La disoccupazione in provincia di Caserta è un fenomeno che non conosce distinzioni di sesso e d'età

(Aurora Brancia, Fabiana Landolfi, Valentina Vitale) La disoccupazione in provincia di Caserta è  un fenomeno che non conosce distinzioni di sesso e d'età. Lo dimostrano i dati pubblicati sul portale casertaorientalavoro.it, il sito internet dedicato al mondo del lavoro curato dalla Provincia di Caserta prendendo in considerazione le indicazioni fornite dal Cpi in Campania.

Il centro per l'impiego ha sostituito il vecchio ufficio di collocamento. E' organizzato per offrire ai cittadini e alle imprese che vi si rivolgono nuovi servizi specialistici oltre a quelli tradizionali quali l'accoglienza, l'informazione, la gestione dell'anagrafe dei lavoratori, l'incrocio tra domanda e offerta e l'inserimento lavorativo dei disabili. A questi si aggiungono poi i servizi di consulenza orientativa, servizi rivolti ai minori, promozione di stage e tirocini, consulenza per l'avvio di impresa. Si tratta, quindi, di un'importante risorsa per i cittadini del territorio della provincia di Caserta.

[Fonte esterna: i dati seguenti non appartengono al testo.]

module _ (ata : Ata) (capacity : ℕ) (working : IsReliable ata capacity) where
  open ata use {Disk, read_sector, write_sector}
  open working use {content, after, reads, writes, same, other}

  -- The cached table is the one on the disk, which has room for it.
  pub record IsMounted (disk : Disk) (info : Fat12Info) : Type 0 where
    pub sized : (n : ℕ) → n < capacity → length (content disk n) ≡ 512
    pub bytes : IsBytes info.fat_bytes
    pub fits : base info + sectors_for (length info.fat_bytes) ≤ capacity
    pub addressable : capacity ≤ 4294967296
    pub agrees :
        (j : ℕ)
        → j < length info.fat_bytes
        → byte (content disk (base info + j / 512)) (j % 512) ≡ byte info.fat_bytes j

  -- A table write that succeeded.
  pub record Wrote (disk : Disk) (info : Fat12Info) (cluster value : ℕ)
      (r : Result FatError (Disk × Fat12Info)) : Type 0 where
    pub disk' : Disk
    pub returned :
        r ≡ ok (disk', record info { fat_bytes = with_entry info.fat_bytes cluster value })
    pub mounted :
        IsMounted disk' (record info { fat_bytes = with_entry info.fat_bytes cluster value })
    pub elsewhere :
        (n : ℕ)
        → (n < base info) ⊎ (base info + sectors_for (length info.fat_bytes) ≤ n)
        → content disk' n ≡ content disk n

  module _ (disk : Disk) (info : Fat12Info) (cluster value : ℕ) (m : IsMounted disk info)
      (inside : byte_offset cluster + 1 < length info.fat_bytes) where
    abbrev fat : List ℕ
    fat = info.fat_bytes

    abbrev at : ℕ
    at = byte_offset cluster

    abbrev out : ℕ
    out = pack cluster (raw_at fat at) value

    abbrev info' : Fat12Info
    info' = record info { fat_bytes = with_entry fat cluster value }

    abbrev sector0 : ℕ
    sector0 = base info + at / 512

    out-lt : out < 65536
    out-lt = pack-lt fat cluster value m.bytes

    length-fat' : length (with_entry fat cluster value) ≡ length fat
    length-fat' =
        length-set (set fat at (out % 256)) (at + 1) (out / 256) ∙ length-set fat at (out % 256)

    fat'-IsBytes : IsBytes (with_entry fat cluster value)
    fat'-IsBytes =
        IsBytes-set (set fat at (out % 256)) (at + 1) (out / 256)
          (IsBytes-set fat at (out % 256) m.bytes (omega arith)) (omega (arith, out-lt))

    first : first_fat_sector info ≡ base info
    unfolding first_fat_sector
    first = omega (arith, m.fits, m.addressable)

    sector-lt : sector0 < capacity
    sector-lt = omega (arith, m.fits)

    byte' :
        (j : ℕ)
        → byte (with_entry fat cluster value) j
          ≡ (if j == at + 1 then out / 256 else if j == at then out % 256 else byte fat j)
    byte' j = byte-set_pair fat at (out % 256) (out / 256) j inside

    -- The bytes on the disk are those of the cache.
    old0 : byte (content disk sector0) (at % 512) ≡ byte fat at
    old0 = m.agrees at (omega arith)

    same_test : (a b c d : ℕ) → (a ≡ b → c ≡ d) → (c ≡ d → a ≡ b) → (a == b) ≡ (c == d)
    same_test a b c d f g = elim (Bool-cases (c == d)) [
      | inl e ↦ let k : a ≡ b = g (ground arith) in ground arith
      | inr e ↦ elim (Bool-cases (a == b)) [
        | inl x ↦ let k : c ≡ d = f (ground arith) in absurd (ground arith)
        | inr x ↦ rw (e, x) refl
      ]
    ]

    -- The sector with the new pair.
    abbrev new : List ℕ
    new = set (set (content disk sector0) (at % 512) (out % 256)) (at % 512 + 1) (out / 256)

    agrees-inside :
        (j : ℕ)
        → j < length fat
        → at % 512 ≢ 511
        → byte (content (after disk sector0 new) (base info + j / 512)) (j % 512)
          ≡ byte (with_entry fat cluster value) j
    agrees-inside j lt n =
        let next : (at + 1) / 512 ≡ at / 512 = ground arith in
        elim (Bool-cases (j / 512 == at / 512)) [
          | inl e ↦
              let q : j / 512 ≡ at / 512 = ground arith in
              let here : base info + j / 512 ≡ sector0 = omega arith in
              let t1 : (j % 512 == at % 512 + 1) ≡ (j == at + 1) =
                same_test (j % 512) (at % 512 + 1) j (at + 1) (λ x. omega arith)
                  (λ x. omega arith) in
              let t0 : (j % 512 == at % 512) ≡ (j == at) =
                same_test (j % 512) (at % 512) j at (λ x. omega arith) (λ x. omega arith) in
              let old : byte (content disk sector0) (j % 512) ≡ byte fat j =
                rw here at (m.agrees j lt) in
              rw (here, same disk sector0 new)
                (byte-set_pair (content disk sector0) (at % 512) (out % 256) (out / 256) (j % 512)
                    (ground (arith, m.sized sector0 sector-lt))
                  ∙ rw (t1, t0, old) refl
                  ∙ sym (byte' j))
          | inr e ↦
              let t1 : (j == at + 1) ≡ false = ground arith in
              let t0 : (j == at) ≡ false = ground arith in
              rw (other disk sector0 new (base info + j / 512) (λ x. ground arith))
                (m.agrees j lt ∙ sym (byte' j ∙ rw (t1, t0) refl))
        ]

    -- One sector is written.
    inside-Wrote :
        at % 512 ≢ 511 → Wrote disk info cluster value (write_inside ata disk info cluster value)
    unfolding write_inside
    inside-Wrote n =
        let here : u32 (first_fat_sector info + at / 512) ≡ sector0 =
          rw first (omega (arith, m.fits, m.addressable)) in
        let next : (at + 1) % 512 ≡ at % 512 + 1 = ground arith in
        let quot : (at + 1) / 512 ≡ at / 512 = ground arith in
        let old1 : byte (content disk sector0) (at % 512 + 1) ≡ byte fat (at + 1) =
          rw (← next, ← quot) (m.agrees (at + 1) inside) in
        let size : length new ≡ 512 =
          length-set (set (content disk sector0) (at % 512) (out % 256)) (at % 512 + 1) (out / 256)
          ∙ length-set (content disk sector0) (at % 512) (out % 256)
          ∙ m.sized sector0 sector-lt in
        record {
          disk' = after disk sector0 new;
          returned =
              rw
                (
                  here,
                  reads disk sector0 sector-lt,
                  old0,
                  old1,
                  writes disk sector0 new sector-lt size,
                )
                refl;
          mounted = record {
            sized = λ k lt. elim (Bool-cases (k == sector0)) [
              | inl e ↦ let g : k ≡ sector0 = ground arith in rw (g, same disk sector0 new) size
              | inr e ↦ rw (other disk sector0 new k (λ x. ground arith)) (m.sized k lt)
            ];
            bytes = fat'-IsBytes;
            fits = rw length-fat' m.fits;
            addressable = m.addressable;
            agrees = λ j lt. agrees-inside j (rw length-fat' at lt) n;
          };
          elsewhere = λ k out_of. other disk sector0 new k (λ x. ground arith);
        }

    -- The two sectors with the new pair.
    abbrev new0 : List ℕ
    new0 = set (content disk sector0) (at % 512) (out % 256)

    abbrev new1 : List ℕ
    new1 = set (content disk (sector0 + 1)) 0 (out / 256)

    abbrev disk2 : Disk
    disk2 = after (after disk sector0 new0) (sector0 + 1) new1

    content-other : (k : ℕ) → k ≢ sector0 → k ≢ sector0 + 1 → content disk2 k ≡ content disk k
    content-other k h g =
        other (after disk sector0 new0) (sector0 + 1) new1 k g ∙ other disk sector0 new0 k h

    content-first : content disk2 sector0 ≡ new0
    content-first =
        other (after disk sector0 new0) (sector0 + 1) new1 sector0 (λ x. omega arith)
        ∙ same disk sector0 new0

    agrees-straddling :
        (j : ℕ)
        → j < length fat
        → at % 512 ≡ 511
        → byte (content disk2 (base info + j / 512)) (j % 512)
          ≡ byte (with_entry fat cluster value) j
    agrees-straddling j lt n = elim (Bool-cases (j / 512 == at / 512)) [
      | inl e ↦
          let here : base info + j / 512 ≡ sector0 = ground arith in
          let t1 : (j == at + 1) ≡ false = ground arith in
          let old : byte (content disk sector0) (j % 512) ≡ byte fat j =
            rw here at (m.agrees j lt) in
          rw (here, content-first)
            (elim (Bool-cases (j == at)) [
              | inl g ↦
                  let k : j % 512 ≡ at % 512 = ground arith in
                  let w : byte new0 (j % 512) ≡ out % 256 = rw k (
                    get_or-set_self (content disk sector0) (at % 512) (out % 256) 0
                      (omega (arith, m.sized sector0 sector-lt))) in
                  w ∙ sym (byte' j ∙ rw (t1, g) refl)
              | inr g ↦
                  get_or-set_ne (content disk sector0) (at % 512) (j % 512) (out % 256) 0
                    (λ x. ground arith)
                  ∙ old
                  ∙ sym (byte' j ∙ rw (t1, g) refl)
            ])
      | inr e ↦
          let t0 : (j == at) ≡ false = ground arith in
          elim (Bool-cases (j / 512 == at / 512 + 1)) [
            | inl f ↦
                let here : base info + j / 512 ≡ sector0 + 1 = ground arith in
                let old : byte (content disk (sector0 + 1)) (j % 512) ≡ byte fat j =
                  rw here at (m.agrees j lt) in
                rw (here, same (after disk sector0 new0) (sector0 + 1) new1)
                  (elim (Bool-cases (j == at + 1)) [
                    | inl g ↦
                        let k : j % 512 ≡ 0 = ground arith in
                        let w : byte new1 (j % 512) ≡ out / 256 = rw k (
                          get_or-set_self (content disk (sector0 + 1)) 0 (out / 256) 0
                            (omega (arith, m.sized (sector0 + 1) (ground (arith, m.fits))))) in
                        w ∙ sym (byte' j ∙ rw g refl)
                    | inr g ↦
                        get_or-set_ne (content disk (sector0 + 1)) 0 (j % 512) (out / 256) 0
                          (λ x. ground arith)
                        ∙ old
                        ∙ sym (byte' j ∙ rw (g, t0) refl)
                  ])
            | inr f ↦
                let t1 : (j == at + 1) ≡ false = ground arith in
                rw (content-other (base info + j / 512) (λ x. ground arith) (λ x. ground arith))
                  (m.agrees j lt ∙ sym (byte' j ∙ rw (t1, t0) refl))
          ]
    ]

    -- Two sectors are written.
    straddling-Wrote :
        at % 512 ≡ 511
        → Wrote disk info cluster value (write_straddling ata disk info cluster value)
    unfolding write_straddling
    straddling-Wrote n =
        let here : u32 (first_fat_sector info + at / 512) ≡ sector0 =
          rw first (omega (arith, m.fits, m.addressable)) in
        let next-lt : sector0 + 1 < capacity = omega (arith, m.fits) in
        let there : u32 (sector0 + 1) ≡ sector0 + 1 = omega (arith, m.addressable) in
        let rest : (at + 1) % 512 ≡ 0 = omega arith in
        let quot : base info + (at + 1) / 512 ≡ sector0 + 1 = omega arith in
        let old1 : byte (content disk (sector0 + 1)) 0 ≡ byte fat (at + 1) =
          rw (rest, quot) at (m.agrees (at + 1) inside) in
        let size0 : length new0 ≡ 512 =
          length-set (content disk sector0) (at % 512) (out % 256) ∙ m.sized sector0 sector-lt in
        let size1 : length new1 ≡ 512 =
          length-set (content disk (sector0 + 1)) 0 (out / 256) ∙ m.sized (sector0 + 1) next-lt in
        let first_write : write_sector disk sector0 (
              set (content disk sector0) (at % 512) (
                pack cluster
                  (le16 (byte (content disk sector0) (at % 512))
                    (byte (content disk (sector0 + 1)) 0))
                  value
                % 256))
            ≡ some (after disk sector0 new0) =
          rw (old0, old1) (writes disk sector0 new0 sector-lt size0) in
        let second_write : write_second ata info cluster value (content disk sector0)
              (content disk (sector0 + 1)) (some (after disk sector0 new0))
            ≡ ok (disk2, info') =
          rw
            (
              here,
              there,
              old0,
              old1,
              writes (after disk sector0 new0) (sector0 + 1) new1 next-lt size1,
            )
            refl in
        record {
          disk' = disk2;
          returned =
              rw (here, there, reads disk sector0 sector-lt, reads disk (sector0 + 1) next-lt)
                (ap
                    (write_second ata info cluster value (content disk sector0)
                      (content disk (sector0 + 1)))
                    first_write
                  ∙ second_write);
          mounted = record {
            sized = λ k lt. elim (Bool-cases (k == sector0 + 1)) [
              | inl e ↦
                  let g : k ≡ sector0 + 1 = ground arith in
                  rw (g, same (after disk sector0 new0) (sector0 + 1) new1) size1
              | inr e ↦ elim (Bool-cases (k == sector0)) [
                | inl f ↦ let g : k ≡ sector0 = ground arith in rw (g, content-first) size0
                | inr f ↦
                    rw (content-other k (λ x. ground arith) (λ x. ground arith)) (m.sized k lt)
              ]
            ];
            bytes = fat'-IsBytes;
            fits = rw length-fat' m.fits;
            addressable = m.addressable;
            agrees = λ j lt. agrees-straddling j (rw length-fat' at lt) n;
          };
          elsewhere = λ k out_of. content-other k (λ x. ground arith) (λ x. ground arith);
        }

  -- On a disk that does not fail, whose table is the cached one, the write of an entry inside
  -- the table succeeds, replaces the two bytes of the entry in the cache, leaves the cache
  -- and the disk alike, and changes no sector outside the table.
  pub write_fat_entry_to_disk-Wrote :
      (disk : Disk) (info : Fat12Info) (cluster value : ℕ)
      → IsMounted disk info
      → byte_offset cluster + 1 < length info.fat_bytes
      → Wrote disk info cluster value (write_fat_entry_to_disk ata disk info cluster value)
  unfolding write_fat_entry_to_disk
  write_fat_entry_to_disk-Wrote disk info cluster value m inside =
      let in_range : leb (length info.fat_bytes) (byte_offset cluster + 1) ≡ false = ground arith in
      elim (Bool-cases (byte_offset cluster % 512 == 511)) [
        | inl e ↦
            rw (in_range, e) (straddling-Wrote disk info cluster value m inside (ground arith))
        | inr e ↦
            rw (in_range, e) (inside-Wrote disk info cluster value m inside (λ x. ground arith))
      ]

Analizzando i dati del Cpi, notiamo che le indicazioni fornite sono suddivise per grandi città. Ad Aversa ad esempio il numero totale di iscritti al 30 settembre 2012 è di 44535, suddivisi tra maschi e femmine. Gli uomini alla ricerca di lavoro che si sono rivolti al Cpi sono in maggioranza rispetto alle colleghe (22.565 rispetto alle 21.970 donne). Discorso diverso per Capua, Teano, Sessa Aurunca e Piedimonte Matese dove a cercare lavoro è in larga parte il gentil sesso. A Maddaloni i dati relativi alla domanda lavorativa di uomini e donne è equivalente. Discorso a parte merita il capoluogo di provincia. A Caserta, infatti, sono 35.768 in totale gli iscritti ai centri per l'impiego. Di questi 16.766 sono maschi, 19.002 sono donne. Dato, questo, che testimonia la volontà di queste ultime a cercare una propria indipendenza affidandosi a questi centri. Dall'analisi dei dati è possibile anche tracciare un quadro delle preferenze dei settori di lavoro cui aspirano e sono stati orientati gli iscritti al Cpi. Le donne appaiono più predisposte verso il commercio e i servizi alle imprese, gli uomini hanno mostrato una preferenza maggiore verso i lavori nelle industrie e nei trasporti e comunicazioni. A sorpresa nel settore dell'agricoltura e degli alberghi e/o ristorazione i dati si equiparano quasi.